> [Required action] Nothing but an exact copy is wanted here: the line with "finalize-Follows id outcome" and all the lines that follow it in the entries below.

(Dataset Opens)

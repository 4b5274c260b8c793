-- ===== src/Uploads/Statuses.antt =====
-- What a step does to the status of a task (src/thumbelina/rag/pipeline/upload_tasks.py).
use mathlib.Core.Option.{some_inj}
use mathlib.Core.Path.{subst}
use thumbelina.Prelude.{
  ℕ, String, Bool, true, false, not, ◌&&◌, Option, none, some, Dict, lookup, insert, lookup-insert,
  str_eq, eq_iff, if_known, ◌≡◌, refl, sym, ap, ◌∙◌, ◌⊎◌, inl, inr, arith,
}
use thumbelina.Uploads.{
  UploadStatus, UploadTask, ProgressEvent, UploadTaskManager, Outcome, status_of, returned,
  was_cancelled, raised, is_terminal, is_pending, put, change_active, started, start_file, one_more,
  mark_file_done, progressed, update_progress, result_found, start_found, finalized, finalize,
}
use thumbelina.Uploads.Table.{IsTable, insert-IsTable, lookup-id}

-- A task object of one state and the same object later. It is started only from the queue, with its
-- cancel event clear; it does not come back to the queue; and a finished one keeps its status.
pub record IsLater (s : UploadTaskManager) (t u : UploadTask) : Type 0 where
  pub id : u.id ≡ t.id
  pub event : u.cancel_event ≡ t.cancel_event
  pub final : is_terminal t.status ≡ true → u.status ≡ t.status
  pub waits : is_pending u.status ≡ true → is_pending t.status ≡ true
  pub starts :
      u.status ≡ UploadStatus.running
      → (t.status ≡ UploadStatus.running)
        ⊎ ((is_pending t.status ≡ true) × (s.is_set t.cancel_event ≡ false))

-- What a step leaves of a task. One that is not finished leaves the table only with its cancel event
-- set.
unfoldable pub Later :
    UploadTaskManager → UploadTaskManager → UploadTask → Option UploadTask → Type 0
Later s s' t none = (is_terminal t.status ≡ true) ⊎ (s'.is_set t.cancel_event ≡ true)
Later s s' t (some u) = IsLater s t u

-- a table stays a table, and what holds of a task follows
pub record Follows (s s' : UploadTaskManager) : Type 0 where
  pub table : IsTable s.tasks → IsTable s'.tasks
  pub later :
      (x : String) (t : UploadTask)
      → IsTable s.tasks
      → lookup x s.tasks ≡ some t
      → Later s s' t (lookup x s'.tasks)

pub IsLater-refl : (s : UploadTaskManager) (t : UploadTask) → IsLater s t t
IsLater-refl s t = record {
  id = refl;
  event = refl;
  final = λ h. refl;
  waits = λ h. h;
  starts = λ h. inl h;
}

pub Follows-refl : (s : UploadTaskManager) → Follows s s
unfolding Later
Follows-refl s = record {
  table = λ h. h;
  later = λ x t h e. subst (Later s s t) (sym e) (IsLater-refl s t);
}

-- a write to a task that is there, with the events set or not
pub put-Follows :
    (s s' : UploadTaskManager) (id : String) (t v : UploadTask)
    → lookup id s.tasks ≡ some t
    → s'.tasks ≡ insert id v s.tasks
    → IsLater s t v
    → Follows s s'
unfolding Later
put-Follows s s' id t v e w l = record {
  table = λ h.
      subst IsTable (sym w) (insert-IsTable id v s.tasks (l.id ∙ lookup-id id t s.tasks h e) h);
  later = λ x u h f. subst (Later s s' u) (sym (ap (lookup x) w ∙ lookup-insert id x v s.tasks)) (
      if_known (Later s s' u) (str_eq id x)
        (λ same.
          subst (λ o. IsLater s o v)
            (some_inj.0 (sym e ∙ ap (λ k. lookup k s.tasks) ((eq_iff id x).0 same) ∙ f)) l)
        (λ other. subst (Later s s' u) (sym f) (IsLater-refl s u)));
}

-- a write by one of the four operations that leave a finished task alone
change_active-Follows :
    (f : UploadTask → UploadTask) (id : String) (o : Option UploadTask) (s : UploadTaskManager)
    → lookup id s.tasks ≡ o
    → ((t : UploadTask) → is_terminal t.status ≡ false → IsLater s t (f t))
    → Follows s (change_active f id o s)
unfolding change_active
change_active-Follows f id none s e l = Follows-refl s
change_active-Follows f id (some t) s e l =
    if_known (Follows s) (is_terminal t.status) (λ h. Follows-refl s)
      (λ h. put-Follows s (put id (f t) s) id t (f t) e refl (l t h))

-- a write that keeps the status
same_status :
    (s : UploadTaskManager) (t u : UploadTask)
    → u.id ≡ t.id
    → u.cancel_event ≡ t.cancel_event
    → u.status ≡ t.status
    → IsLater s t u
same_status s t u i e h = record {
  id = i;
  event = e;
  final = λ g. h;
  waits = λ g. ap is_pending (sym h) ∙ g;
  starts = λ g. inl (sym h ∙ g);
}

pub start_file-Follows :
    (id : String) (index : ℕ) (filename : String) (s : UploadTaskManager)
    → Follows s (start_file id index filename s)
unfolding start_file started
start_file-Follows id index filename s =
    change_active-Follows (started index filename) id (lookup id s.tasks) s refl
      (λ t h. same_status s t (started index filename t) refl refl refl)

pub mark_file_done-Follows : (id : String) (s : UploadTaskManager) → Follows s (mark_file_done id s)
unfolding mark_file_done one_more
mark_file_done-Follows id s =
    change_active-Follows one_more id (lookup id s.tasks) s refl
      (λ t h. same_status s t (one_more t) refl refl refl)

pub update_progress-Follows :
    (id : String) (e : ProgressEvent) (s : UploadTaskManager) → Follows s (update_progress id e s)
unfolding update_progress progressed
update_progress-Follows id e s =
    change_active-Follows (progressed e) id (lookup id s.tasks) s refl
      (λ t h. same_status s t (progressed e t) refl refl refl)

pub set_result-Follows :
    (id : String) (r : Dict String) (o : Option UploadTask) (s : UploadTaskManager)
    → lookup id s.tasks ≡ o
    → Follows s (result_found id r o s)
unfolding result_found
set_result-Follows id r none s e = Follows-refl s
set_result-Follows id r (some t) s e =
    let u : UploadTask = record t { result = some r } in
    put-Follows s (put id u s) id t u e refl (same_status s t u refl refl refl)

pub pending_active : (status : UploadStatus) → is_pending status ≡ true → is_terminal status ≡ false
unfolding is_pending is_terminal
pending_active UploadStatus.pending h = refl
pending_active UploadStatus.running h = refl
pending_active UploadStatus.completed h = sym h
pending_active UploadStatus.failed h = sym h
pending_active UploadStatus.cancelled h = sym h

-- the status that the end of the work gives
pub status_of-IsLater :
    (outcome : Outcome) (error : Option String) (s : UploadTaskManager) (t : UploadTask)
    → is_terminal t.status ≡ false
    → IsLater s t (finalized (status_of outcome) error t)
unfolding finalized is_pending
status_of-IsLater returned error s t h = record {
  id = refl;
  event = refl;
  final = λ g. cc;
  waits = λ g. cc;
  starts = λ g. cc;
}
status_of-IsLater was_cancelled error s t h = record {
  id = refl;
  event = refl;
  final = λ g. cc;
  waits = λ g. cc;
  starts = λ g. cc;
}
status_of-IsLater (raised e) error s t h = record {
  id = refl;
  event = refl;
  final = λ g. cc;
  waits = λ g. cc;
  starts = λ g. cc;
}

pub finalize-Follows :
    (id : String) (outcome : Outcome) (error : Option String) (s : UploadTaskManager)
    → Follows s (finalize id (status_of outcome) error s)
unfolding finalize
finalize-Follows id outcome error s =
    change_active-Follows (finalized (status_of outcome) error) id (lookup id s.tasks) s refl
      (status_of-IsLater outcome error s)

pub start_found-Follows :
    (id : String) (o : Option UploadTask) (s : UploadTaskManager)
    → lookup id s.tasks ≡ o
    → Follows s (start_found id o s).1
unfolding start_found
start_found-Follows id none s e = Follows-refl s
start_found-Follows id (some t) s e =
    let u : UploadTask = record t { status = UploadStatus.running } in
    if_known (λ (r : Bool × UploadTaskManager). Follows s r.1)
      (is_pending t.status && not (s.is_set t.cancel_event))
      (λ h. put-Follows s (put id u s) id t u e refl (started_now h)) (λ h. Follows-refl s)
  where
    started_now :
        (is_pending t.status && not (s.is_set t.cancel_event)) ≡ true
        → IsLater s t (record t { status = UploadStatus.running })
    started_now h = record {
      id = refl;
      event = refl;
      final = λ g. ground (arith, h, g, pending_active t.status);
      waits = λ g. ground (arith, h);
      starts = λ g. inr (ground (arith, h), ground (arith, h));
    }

(Dataset Closes)

> [Result below]
finalize-Follows id outcome error s =
    change_active-Follows (finalized (status_of outcome) error) id (lookup id s.tasks) s refl
      (status_of-IsLater outcome error s)

pub start_found-Follows :
    (id : String) (o : Option UploadTask) (s : UploadTaskManager)
    → lookup id s.tasks ≡ o
    → Follows s (start_found id o s).1
unfolding start_found
start_found-Follows id none s e = Follows-refl s
start_found-Follows id (some t) s e =
    let u : UploadTask = record t { status = UploadStatus.running } in
    if_known (λ (r : Bool × UploadTaskManager). Follows s r.1)
      (is_pending t.status && not (s.is_set t.cancel_event))
      (λ h. put-Follows s (put id u s) id t u e refl (started_now h)) (λ h. Follows-refl s)
  where
    started_now :
        (is_pending t.status && not (s.is_set t.cancel_event)) ≡ true
        → IsLater s t (record t { status = UploadStatus.running })
    started_now h = record {
      id = refl;
      event = refl;
      final = λ g. ground (arith, h, g, pending_active t.status);
      waits = λ g. ground (arith, h);
      starts = λ g. inr (ground (arith, h), ground (arith, h));
    }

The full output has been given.